[Collected data entries]
○ ○ ○ ○ ○ ○ ○
-- ===== src/Link/Transmit.antt =====
-- model/custom-p2p-net-device.cc, class CustomP2PNetDevice: the transmitter, with the queue behind it,
-- and the receiver. `none` stands for a failed assertion.
use p4simulator.Base.{
  ℕ, ◌+◌, Bool, true, false, not, Option, none, some, List, [], ◌∷◌, ◌&&◌, if◌then◌else◌,
}
use p4simulator.Link.{Library, Device, TxMachineState, ready, busy}
use p4simulator.Link.Channel.{P4P2PChannel, Reception, get_remote}
use p4simulator.Link.Channel
use p4simulator.Link.Headers.{add_header, add_ethernet_header}
use p4simulator.Link.Restore.{process_header}

unfoldable pub is_ready : TxMachineState → Bool
is_ready ready = true
is_ready busy = false

unfoldable pub has_packet : {Packet : Type 0} → Option Packet → Bool
has_packet none = false
has_packet (some p) = true

module _ (L : Library) where
  -- A device, and what it has asked the simulator for: the times until its `TransmitComplete`s, and the
  -- receptions of the packets that it put on the channel.
  pub record Scheduled : Type 0 where
    pub device : Device L
    pub completions : List ℕ
    pub receptions : List (Reception L.Packet)

  unfoldable pub unscheduled : Device L → Scheduled
  unscheduled d = record { device = d; completions = []; receptions = [] }

  unfoldable pub started : Device L → ℕ → Option (Reception L.Packet) → Option Scheduled
  started d complete none = none
  started d complete (some r) =
      some (record { device = d; completions = complete ∷ []; receptions = r ∷ [] })

  -- The channel's `TransmitStart` returns true where it returns.
  unfoldable pub transmit_start : P4P2PChannel → ℕ → Device L → L.Packet → Option Scheduled
  transmit_start channel self d p =
      let tx_time : ℕ = L.calculate_bytes_tx_time d.bps (L.get_size p) in
      if is_ready d.tx_machine_state
      then started (record d { tx_machine_state = busy; current_pkt = some p })
          (tx_time + d.interframe_gap) (Channel.transmit_start channel p self tx_time)
      else none

  unfoldable pub start_next :
      P4P2PChannel → ℕ → Device L → L.Queue × Option L.Packet → Option Scheduled
  start_next channel self d (q, none) = some (unscheduled (record d { queue = q }))
  start_next channel self d (q, some p) = transmit_start channel self (record d { queue = q }) p

  unfoldable pub transmit_complete : P4P2PChannel → ℕ → Device L → Option Scheduled
  transmit_complete channel self d =
      if not (is_ready d.tx_machine_state) && has_packet d.current_pkt
      then start_next channel self (record d { tx_machine_state = ready; current_pkt = none })
          (L.dequeue d.queue)
      else none

  unfoldable pub with_headers : Device L → L.Packet → L.Address → L.Address → ℕ → L.Packet
  with_headers d p source dest protocol =
      if d.need_process_header
      then add_header L d p source dest protocol
      else add_ethernet_header L p source dest protocol

  -- The packet taken out of a queue that is not empty.
  unfoldable pub start_dequeued :
      P4P2PChannel → ℕ → Device L → L.Queue × Option L.Packet → Option Scheduled
  start_dequeued channel self d (q, none) = none
  start_dequeued channel self d (q, some p) =
      transmit_start channel self (record d { queue = q; current_pkt = some p }) p

  unfoldable pub returning : Bool → Option Scheduled → Option (Scheduled × Bool)
  returning b none = none
  returning b (some s) = some (s, b)

  unfoldable pub enqueued : P4P2PChannel → ℕ → Device L → L.Queue × Bool → Option (Scheduled × Bool)
  enqueued channel self d (q, accepted) =
      if accepted
      then (if is_ready d.tx_machine_state && not (L.is_empty q)
          then returning true (start_dequeued channel self (record d { queue = q }) (L.dequeue q))
          else some (unscheduled (record d { queue = q }), true))
      else some (unscheduled (record d { queue = q }), false)

  unfoldable pub send_from :
      P4P2PChannel → ℕ → Device L → L.Packet → L.Address → L.Address → ℕ → Option (Scheduled × Bool)
  send_from channel self d p source dest protocol =
      if d.link_up
      then enqueued channel self d (L.enqueue d.queue (with_headers d p source dest protocol))
      else none

  unfoldable pub send :
      P4P2PChannel → ℕ → Device L → L.Packet → L.Address → ℕ → Option (Scheduled × Bool)
  send channel self d p dest protocol = send_from channel self d p d.address dest protocol

  -- What `Receive` passes up: nothing, or the packet and its protocol with the sender's device, to the
  -- promiscuous callback, where there is one, and to the receive callback.
  pub data Upcall : Type 0 where
    promisc_callback rx_callback : L.Packet → ℕ → ℕ → Upcall

  unfoldable pub passed_up : Bool → Option (L.Packet × ℕ) → Option ℕ → Option (List Upcall)
  passed_up promisc none remote = none
  passed_up promisc (some (p, protocol)) none = none
  passed_up promisc (some (p, protocol)) (some remote) = some (
      if promisc
      then promisc_callback p protocol remote ∷ rx_callback p protocol remote ∷ []
      else rx_callback p protocol remote ∷ [])

  unfoldable pub receive : ℕ → P4P2PChannel → ℕ → Device L → Bool → L.Packet → Option (List Upcall)
  receive fuel channel self d promisc p =
      if d.has_error_model && L.is_corrupt p
      then some []
      else passed_up promisc (process_header L fuel d p 0) (get_remote channel self)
○ ○ ○ ○ ○ ○ ○
Among the lines above, please find those with "List" and copy them.

  ℕ, ◌+◌, Bool, true, false, not, Option, none, some, List, [], ◌∷◌, ◌&&◌, if◌then◌else◌,
    pub completions : List ℕ
    pub receptions : List (Reception L.Packet)
  unfoldable pub passed_up : Bool → Option (L.Packet × ℕ) → Option ℕ → Option (List Upcall)
  unfoldable pub receive : ℕ → P4P2PChannel → ℕ → Device L → Bool → L.Packet → Option (List Upcall)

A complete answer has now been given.